EXERCISE DIRECTIONS — Could you reproduce the lines below from the one with "inotify = some 4;" through the one with "queue = evfd_queue 2"? Keep both ends and add nothing.

Saved entries
↓

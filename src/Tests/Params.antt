-- ===== src/Tests/Params.antt =====
-- Parameter lists for src/evf_param.c.
use libevfilter.Base.{
  ℕ, ◌+◌, ◌*◌, ◌-◌, ◌≡◌, refl, true, false, ◌&&◌, leb, if◌then◌else◌, none, List, [], ◌∷◌,
  replicate,
}
use libevfilter.Base.Int.{ℤ, pos, negsuc}
use libevfilter.Base.Text.{Text, codes, case_eq, strcasecmp}
use libevfilter.Param.Defs.{◌>>=◌, Env, done, stdout}
use libevfilter.Param.Parse.{is_quote}
use libevfilter.Param.Load.{
  count_params, load_params, load_all, load_value, load_file, text_of, parse_params, or_errno,
}
use libevfilter.Param.Typed.{IsLoaded, load_params_total}
use libevfilter.Param.RoundTrip.{print}
use libevfilter.Param.Placed.{assign}
use libevfilter.Param.Printed.{load_params_inverts_print}
use libevfilter.Filters.SpeedMod
use libevfilter.Filters.Dump
use libevfilter.Filters.Abs2Rel

-- Decimal digits, read as `strtol` reads them.
unfoldable pub digits : Text → ℕ → ℕ × Text
digits [] n = (n, [])
digits (c ∷ s) n =
    let more = digits s (n * 10 + (c - 48)) in if leb 48 c && leb c 57 then more else (n, c ∷ s)

abbrev number : Text → ℤ × Text
number s = let (n, rest) = digits s 0 in (pos n, rest)

-- Surroundings with memory, in which no file can be opened and one key has a name.
abbrev pub toy_env : Env ℤ
toy_env = record {
  strtol = number;
  strtof = number;
  can_open = λ s. false;
  has_memory = true;
  errno = 2;
  getkey = λ s. if case_eq s (codes "KEY_A") then pos 30 else negsuc 0;
}

abbrev speeds : List (Text × Text)
speeds = (codes "xmod", codes "3") ∷ (codes "YMOD", codes "4") ∷ []

load_params_total_example :
    IsLoaded toy_env SpeedMod.relspeed_params
      (load_params toy_env (codes "xmod = '3' ymod=4") SpeedMod.relspeed_params)
unfolding count_params
load_params_total_example =
    load_params_total toy_env (codes "xmod = '3' ymod=4") SpeedMod.relspeed_params 2 refl

load_params_inverts_print_example : load_params toy_env (print speeds) SpeedMod.relspeed_params ≡ (
    assign SpeedMod.relspeed_params (replicate 2 none) speeds
    >>= load_all toy_env SpeedMod.relspeed_params)
unfolding count_params is_quote
load_params_inverts_print_example =
    load_params_inverts_print toy_env SpeedMod.relspeed_params 2 speeds refl (
      ((refl, (refl, (refl, (refl, tt)))), (refl, refl, (refl, tt))),
      (((refl, (refl, (refl, (refl, tt)))), (refl, refl, (refl, tt))), tt),
    )

abbrev pub no_touch : Abs2Rel.Abs2Rel
no_touch = record {
  xstate = pos 0;
  ystate = pos 0;
  relx = pos 0;
  rely = pos 0;
  last_absx = pos 0;
  last_absy = pos 0;
}

-- Without any parameter the dump filter is made, by the defaults of its table.
dump_defaults : Dump.creat toy_env [] ≡ done (record { f = stdout; prefix = [] })
unfolding Dump.creat Dump.alloc load_params load_all count_params load_value load_file text_of
    parse_params case_eq strcasecmp or_errno
dump_defaults = refl
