-- ===== src/Tests/Queues.antt =====
-- Queues of descriptors for src/evf_io_queue.c.
use libevfilter.Base.{
  ℕ, ◌+◌, ◌≡◌, refl, arith, true, false, ◌&&◌, ◌==◌, if◌then◌else◌, some, List, [], ◌∷◌, ◌++◌,
  length,
}
use libevfilter.IoQueue.{IoQueue, Memb, FdSet, add, rem, wait}
use libevfilter.IoQueue.Invariant.{IsValid, has_fd, is_given, add-IsValid, rem-IsValid}
use libevfilter.IoQueue.Wait.{noting, called, watched_after, wait_lem}

abbrev memb : ℕ → Memb
memb fd = record { addr = 1000 + fd; fd = fd; read = 0; priv = 2000 + fd }

abbrev membs : List Memb
membs = memb 9 ∷ memb 5 ∷ []

abbrev queue : IoQueue
queue = record { cnt = 2; rfds = λ i. (i == 9); root = membs }

queue-IsValid : IsValid queue
queue-IsValid = record {
  falling = ((omega arith, tt), (tt, tt));
  watched = λ fd h. ground (arith, h);
  counted = refl;
  small = omega arith;
}

add-IsValid_example :
    let (q', done) = add queue (some 77) 7 0 0 in
    IsValid q'
    × (done ≡ is_given (some 77))
    × (has_fd 7 q'.root ≡ (if 7 == 7 then is_given (some 77) else has_fd 7 queue.root))
    × (q'.rfds 7 ≡ (if 7 == 7 then is_given (some 77) else queue.rfds 7))
    × (q' ≡ (if is_given (some 77) then q' else queue))
add-IsValid_example = add-IsValid queue (some 77) 7 0 0 7 queue-IsValid refl (omega arith)

rem-IsValid_example :
    IsValid (rem queue 9)
    × (has_fd 9 (rem queue 9).root
        ≡ (if queue.rfds 9 && (9 == 9) then false else has_fd 9 queue.root))
rem-IsValid_example = rem-IsValid queue 9 9 queue-IsValid

-- The lower descriptor is ready, and its callback asks to close it.
abbrev closing : Memb → ℕ
closing m = 2

abbrev five : FdSet
five i = i == 5

wait_lem_example :
    (q' : IoQueue) × (wait (noting closing five) (length queue.root) queue []
      ≡ some (q', [] ++ called five queue.root, true))
    × (q'.root ≡ queue.root)
    × (q'.cnt ≡ queue.cnt)
    × ((i : ℕ) → q'.rfds i ≡ watched_after closing five queue.root five i)
wait_lem_example =
    wait_lem closing five queue [] (memb 9) (memb 5 ∷ []) refl ((omega arith, tt), (tt, tt))
      (refl, (refl, tt)) (refl, (refl, tt))
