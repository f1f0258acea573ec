-- ===== src/Tests/Starts.antt =====
-- A daemon that starts and ends, for src/evfd/evfd.c.
use libevfilter.Base.{
  ℕ, ◌≡◌, refl, arith, true, false, Option, none, some, List, [], ◌∷◌, ◌==◌, if◌then◌else◌,
}
use libevfilter.Base.Text.{Text, codes}
use libevfilter.FilterList.{Ptr, Node}
use libevfilter.FilterList.Attach.{Line}
use libevfilter.Config.Load.{loaded}
use libevfilter.IoQueue.{IoQueue, new, add}
use libevfilter.Msg.{initial}
use libevfilter.Lock.{Os, written, try_lock}
use libevfilter.Hotplug.{Statics, is_event_name, hotplug_init}
use libevfilter.Daemon.{Daemon}
use libevfilter.Daemon.Main.{
  Devices, Running, evfd_host, evfd_queue, Queue, Start, State, exits, state_of, start,
}
use libevfilter.Daemon.Second.{second_starts}
use libevfilter.Daemon.Errno.{errno_ends}
use libevfilter.Daemon.CleanUp.{Cleaned, leave}
use libevfilter.Daemon.CleanUp.Slots.{Slot, directory, with_line, membs_of}
use libevfilter.Daemon.CleanUp.Lines.{leave_cleans}

-- The number of a process is written as one byte, and every process that was asked for has ended.
abbrev os : Os
os = record {
  scan = λ t. elim t [ [] ↦ none | n ∷ _ ↦ some n ];
  print = λ n. n ∷ [];
  running = λ pid. false;
}

-- No device can be opened, and then `errno` is 13.
abbrev devices : Devices
devices = record {
  probe = λ dev. none;
  uinput = λ dev. none;
  setup = λ dev. record {
    opened = none;
    is_input = false;
    errno = 13;
    profile = loaded [];
    line_memory = none;
    commit_memory = none;
    barrier_memory = none;
    junk = none;
  };
  memory = λ dev. none;
}

abbrev statics : Statics
statics = record { dev_plug = none; dev_unplug = none; select_fd = 0; closed = [] }

abbrev daemon : Daemon ℕ
daemon = record {
  lines = λ l. none;
  world = record { memory = record { cell = λ p. none; freed = [] }; closed = [] };
  destroyed = [];
  out = 0;
}

abbrev no_queue : IoQueue
no_queue = record { cnt = 0; rfds = λ i. false; root = [] }

abbrev before : State (Running ℕ)
before = record {
  pid = 0;
  lock = none;
  msg = initial;
  statics = statics;
  rest = record { both = some (no_queue, daemon); errno = 0; released = none };
}

abbrev starts_in : List Text → Start
starts_in names = record {
  options = b'v' ∷ [];
  os = os;
  pid = 8;
  save = written;
  queue_memory = true;
  dir = some (record { names = names; error = none });
  inotify = some 4;
  watched = true;
  memb_memory = some 1000;
  forked = some 9;
}

abbrev no_errno : Text → ℕ
no_errno dev = 0

abbrev refused_errno : Text → ℕ
refused_errno dev = 13

abbrev queue : Queue (Running ℕ)
queue = evfd_queue 2

-- There is no device: the daemon comes to its loop as the process 9, and the process 8 ends.
abbrev running : State (Running ℕ)
running = state_of (start (evfd_host 9 devices 1 no_errno) queue 7 (starts_in []) before)

second_starts_example :
    (running.pid ≡ 9) × (try_lock os 11 written running.lock ≡ (true, some (11 ∷ [])))
unfolding start evfd_queue hotplug_init evfd_host try_lock new add
second_starts_example =
    second_starts (evfd_host 9 devices 1 no_errno) queue (starts_in []) 7 9 _ before running _ refl
      refl refl refl os 11 refl (omega arith) refl

errno_ends_example :
    (s' : State (Running ℕ)) × (start
        (evfd_host 9 devices 1 refused_errno)
        queue
        7
        (starts_in (codes "event0" ∷ codes "mice" ∷ []))
        before
      ≡ exits 1 s')
    × (s'.lock ≡ some (8 ∷ []))
unfolding start evfd_queue is_event_name try_lock new
errno_ends_example =
    errno_ends 9 devices 1 refused_errno queue 7 (starts_in (codes "event0" ∷ codes "mice" ∷ []))
      true 9 12 _ before _ _ [] (codes "mice" ∷ []) (codes "event0") refl refl refl refl refl refl
      refl refl

-- A queue with the directory and a line at 4, whose filters are at 2 and 6.
abbrev cells : Ptr → Option Node
cells p =
    if p == 2
    then some (record { free = none; next = some 6 })
    else if p == 6
    then some (record { free = some (some 9); next = none })
    else none

abbrev line : Line
line = record { begin = some 2; last = some 2; fd = 3; input_device = codes "/dev/input/event0" }

abbrev loaded_daemon : Cleaned ℕ
loaded_daemon = record {
  daemon = record {
    lines = λ l. (if l == 4 then some line else none);
    world = record { memory = record { cell = cells; freed = [] }; closed = [] };
    destroyed = [];
    out = 0;
  };
  ungrabbed = [];
}

abbrev slots : List Slot
slots =
    with_line (record { addr = 1000; fd = 3; read = 1; priv = 4 }) line (2 ∷ []) 6 (some 9)
    ∷ directory (record { addr = 1001; fd = 1; read = 2; priv = 0 })
    ∷ []

leave_cleans_example :
    (s' : Cleaned ℕ) × (leave (λ l. 2) true (membs_of slots) loaded_daemon (some (8 ∷ []))
      ≡ some (s', none))
    × (s'.daemon.world.memory.freed ≡ 2 ∷ 6 ∷ 4 ∷ [])
    × (s'.daemon.world.closed ≡ 3 ∷ [])
    × (s'.daemon.destroyed ≡ 9 ∷ [])
    × (s'.ungrabbed ≡ 3 ∷ [])
leave_cleans_example =
    leave_cleans (λ l. 2) true slots loaded_daemon (some (8 ∷ []))
      ((refl, refl, (refl, (_, refl, (refl, (_, refl, refl)))), refl, refl), (refl, tt))
      (refl, (refl, (refl, tt)))
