-- ===== src/Tests/Statuses.antt =====
-- What is told of filters, at concrete inputs.
use libevfilter.Base.{ℕ, suc, ◌≡◌, refl, arith, some, List, [], ◌∷◌, length}
use libevfilter.Base.Int.{ℤ, pos}
use libevfilter.Base.Text.{Text, codes}
use libevfilter.Param.Defs.{Env}
use libevfilter.KeyParser.{getname}
use libevfilter.KeyParser.Table.{key_names}
use libevfilter.KeyParser.Named.{getkey_total}
use libevfilter.Filters.Btn2Rel
use libevfilter.Filters.KeyLock
use libevfilter.Filters.KeySubstitute
use libevfilter.Filters.PressureToKey
use libevfilter.Filters.Rel2Scroll
use libevfilter.Filters.SpeedMod
use libevfilter.Filters.Mirror
use libevfilter.Filters.Rotate
use libevfilter.Filters.NoRepeat
use libevfilter.Filters.Abs2Rel
use libevfilter.Filters.Status.{
  Formats, print_behind, put_keys, btn2rel_status, key_lock_status, key_substitute_status,
  pressure_to_key_status, rel2scroll_status, speed_mod_status, mirror_status, rotate_status,
  no_repeat_status, abs2rel_status,
}
use libevfilter.Filters.Status.Made.{Tells, TellsRows, creat-Tells}
use libevfilter.Tests.Params.{toy_env, no_touch}

-- The numbers from `n` on.
abbrev numbered : ℕ → List Text → List ℤ
numbered n [] = []
numbered n (t ∷ ts) = pos n ∷ numbered (suc n) ts

-- Each key has the index of its name as its number, and each `int` is printed as a longest one.
abbrev toy_formats : Formats ℤ
toy_formats = record {
  decimal = λ v. codes "-2147483648";
  unsigned = λ n. codes "4294967295";
  float = λ x. codes "0.5";
  key_values = numbered 0 key_names;
}

all_numbered : length key_names ≡ length (numbered 0 key_names)
all_numbered = refl

-- With the table's own names.
abbrev named_env : Env ℤ
named_env = record toy_env {
  getkey = λ s. (getkey_total key_names toy_formats.key_values s all_numbered (omega arith)).0;
}

abbrev two_keys : Text
two_keys = codes "keyup=Key_Up leftbtn=Key_F1"

creat-Tells_example :
    TellsRows toy_formats (Btn2Rel.creat named_env two_keys)
    × Tells (key_lock_status toy_formats) (KeyLock.creat named_env two_keys)
    × Tells (key_substitute_status toy_formats) (KeySubstitute.creat named_env two_keys)
    × Tells (pressure_to_key_status toy_formats) (PressureToKey.creat named_env two_keys)
    × Tells (rel2scroll_status toy_formats) (Rel2Scroll.creat named_env two_keys)
    × Tells (speed_mod_status toy_formats) (SpeedMod.creat named_env two_keys)
    × Tells (mirror_status toy_formats) (Mirror.creat named_env two_keys)
    × Tells (rotate_status toy_formats) (Rotate.creat named_env two_keys)
    × Tells (λ len s. no_repeat_status toy_formats len) (NoRepeat.creat named_env two_keys)
    × Tells (abs2rel_status toy_formats) (Abs2Rel.creat named_env no_touch two_keys)
creat-Tells_example =
    creat-Tells named_env toy_formats
      (λ s. (getkey_total key_names toy_formats.key_values s all_numbered (omega arith)).1)
      (λ v h. omega arith) two_keys no_touch refl refl

-- The keys with the numbers 0, 1 and 2: the first of them is not told.
told_rows :
    btn2rel_status toy_formats 260 (record {
      key_up = pos 1;
      key_down = pos 0;
      key_left = pos 2;
      key_right = pos 0;
      right_btn = pos 0;
      middle_btn = pos 0;
      left_btn = pos 0;
      eat_next_syn = pos 0;
    })
    ≡ some (codes "Keyboard to mouse ( up:Btn_1 left:Btn_2 )")
unfolding btn2rel_status put_keys print_behind getname
told_rows = refl
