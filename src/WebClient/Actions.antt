-- ===== src/WebClient/Actions.antt =====
-- rtpconn/webclient.go: `handleAction`, for what others have queued for the client. `none` is a panic.
pub mod Left
pub mod Demoted
use galene.Base.{
  ℕ, Bool, true, false, not, ◌&&◌, ◌||◌, Option, none, some, List, [], ◌∷◌, ◌++◌, if◌then◌else◌,
  Text, same, bytes, contains,
}
use galene.Base.Dict.{Dict, find}
use galene.WebClient.{
  UpTrack, UpConnection, DownConnection, WebClient, ClientMessage, blank, Failure, user_error,
  kick_error, client_dead, library_error, Effect, reply, push_own, push_tracks, queue_changed,
  queue_tracks, Outcome, Environment, fits, fails, written, write_last, has,
}
use galene.WebClient.Connections.{
  Done, is_blank, has_group, del_up_conn, fail_up_connection, negotiate, put_down,
}
use galene.WebClient.Signalling.{push_down_conn}

pub data Action : Type 0 where
  push_conn : Text → Text → Option UpConnection → List UpTrack → Text → Action
  request_conns : Text → Text → Action
  connection_failed : Text → Action
  push_client : Text → ClientMessage → Action
  joined : Text → Text → Action
  change_permissions : Text → Action
  permissions_changed : Action
  kick : Text → Option Text → Text → Action

-- `remove`, of the first occurrence, and `addnew`.
unfoldable pub remove_first : Text → List Text → List Text
remove_first v [] = []
remove_first v (w ∷ l) = let rest = remove_first v l in if same v w then l else w ∷ rest

unfoldable pub add_new : Text → List Text → List Text
add_new v l = if contains l v then l else l ++ v ∷ []

-- The case `changePermissionsAction`, for a client in a group that allows recording or not.
unfoldable pub changed_permissions : Text → Bool → List Text → Option (List Text)
changed_permissions kind recording l =
    if same kind (bytes "op")
    then some (
        if recording
        then add_new (bytes "record") (add_new (bytes "op") l)
        else add_new (bytes "op") l)
    else if same kind (bytes "unop")
    then some (remove_first (bytes "record") (remove_first (bytes "op") l))
    else if same kind (bytes "present")
    then some (add_new (bytes "present") l)
    else if same kind (bytes "unpresent")
    then some (remove_first (bytes "present") l)
    else if same kind (bytes "shutup")
    then some (remove_first (bytes "message") l)
    else if same kind (bytes "unshutup")
    then some (add_new (bytes "message") l)
    else none

abbrev pub permissions_set : WebClient → Option (List Text) → Outcome
permissions_set c none = fails c [] (user_error (bytes "unknown permission"))
permissions_set c (some l) = fits (record c { permissions = l }) (queue_changed ∷ [])

abbrev pub in_group : Option Text → Text → Bool
in_group none g = false
in_group (some h) g = same h g

-- The loop of `requestConnsAction`.
abbrev pub push_ups : Text → Dict UpConnection → List Effect
push_ups id [] = []
push_ups id ((k, u) ∷ us) =
    let rest = push_ups id us in
    if not (is_blank id) && not (same id u.id) then rest else push_tracks u ∷ rest

abbrev pub sent_tracks : List (UpTrack × Bool) → List UpTrack
sent_tracks [] = []
sent_tracks ((t, b) ∷ ts) = t ∷ sent_tracks ts

-- The case `connectionFailedAction`.
abbrev pub restarted :
    WebClient → List UpTrack → DownConnection × List Effect × Option Failure → Outcome
restarted c ts (d, es, some f) = fails (put_down c d) es f
restarted c ts (d, es, none) = fits (put_down c d) (es ++ queue_tracks d.remote ts ∷ [])

abbrev pub failed_up : Environment → WebClient → Text → Option UpConnection → Outcome
failed_up e c id none = fits c []
failed_up e c id (some u) =
    fits c (written e (record blank { type = bytes "renegotiate"; id = id }))

abbrev pub failed_connection : Environment → WebClient → Text → Option DownConnection → Outcome
failed_connection e c id none = failed_up e c id (find id c.up)
failed_connection e c id (some d) = restarted c (sent_tracks d.tracks) (negotiate e d true [])

-- The case `pushClientAction`: `c.group.Name()` of a nil group is a panic.
abbrev pub tell_client :
    Environment → WebClient → Text → ClientMessage → Option Text → Option Outcome
tell_client e c g m none = none
tell_client e c g m (some h) =
    some
      (if not (same g h) then fits c [] else write_last e c [] (record m { type = bytes "user" }))

-- The case `joinedAction`, and the messages of the chat history, up to the first error.
abbrev pub write_all : Environment → WebClient → List Effect → List ClientMessage → Outcome
write_all e c before [] = fits c before
write_all e c before (m ∷ ms) =
    if e.alive then write_all e c (before ++ reply m ∷ []) ms else fails c before client_dead

abbrev pub joined_group : Environment → WebClient → Text → Text → ClientMessage
joined_group e c g kind = record blank {
  type = bytes "joined";
  kind = kind;
  group = g;
  username = some c.username;
  permissions = c.permissions;
}

abbrev pub history_of : Option (List ClientMessage) → List ClientMessage
history_of none = []
history_of (some h) = h

abbrev pub tell_joined : Environment → WebClient → Text → Text → Outcome
tell_joined e c g kind =
    let h = if same kind (bytes "join") && not (is_blank g) then history_of e.history else [] in
    write_all e c [] (joined_group e c g kind ∷ h)

-- The case `permissionsChangedAction`: without "present", the client's connections are closed.
abbrev pub denied_up : Environment → Text → List Effect → Done → WebClient × List Effect
denied_up e id before (c, es, some f) = (c, before ++ es)
denied_up e id before (c, es, none) =
    let o = fail_up_connection e c (before ++ es) id (bytes "permission denied") in
    (o.client, o.effects)

abbrev pub deny_ups :
    Environment → Dict UpConnection → WebClient × List Effect → WebClient × List Effect
deny_ups e [] r = r
deny_ups e ((k, u) ∷ us) (c, es) =
    deny_ups e us (denied_up e u.id es (del_up_conn c u.id c.id true))

abbrev pub tell_changed : Environment → WebClient → Option Text → Outcome
tell_changed e c none = fails c [] (library_error (bytes "Permissions changed in no group"))
tell_changed e c (some g) =
    let told = written e (joined_group e c g (bytes "change")) in
    let (c', es) = if not (has c (bytes "present")) then deny_ups e c.up (c, told) else (c, told) in
    fits c' (es ++ push_own ∷ [])

-- `handleAction`
unfoldable pub handle_action : Environment → WebClient → Action → Option Outcome
handle_action e c (push_conn g id u ts replace) =
    some (if in_group c.group g then push_down_conn e c id u ts replace else fits c [])
handle_action e c (request_conns g id) =
    some (fits c (if in_group c.group g then push_ups id c.up else []))
handle_action e c (connection_failed id) = some (failed_connection e c id (find id c.down))
handle_action e c (push_client g m) = tell_client e c g m c.group
handle_action e c (joined g kind) = some (tell_joined e c g kind)
handle_action e c (change_permissions kind) = some (
    permissions_set c
      (changed_permissions kind (has_group c.group && e.allow_recording) c.permissions))
handle_action e c permissions_changed = some (tell_changed e c c.group)
handle_action e c (kick id username t) = some (fails c [] (kick_error id username t))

↑

OUTPUT —
  inotify = some 4;
  watched = true;
  memb_memory = some 1000;
  forked = some 9;
}

abbrev no_errno : Text → ℕ
no_errno dev = 0

abbrev refused_errno : Text → ℕ
refused_errno dev = 13

abbrev queue : Queue (Running ℕ)
queue = evfd_queue 2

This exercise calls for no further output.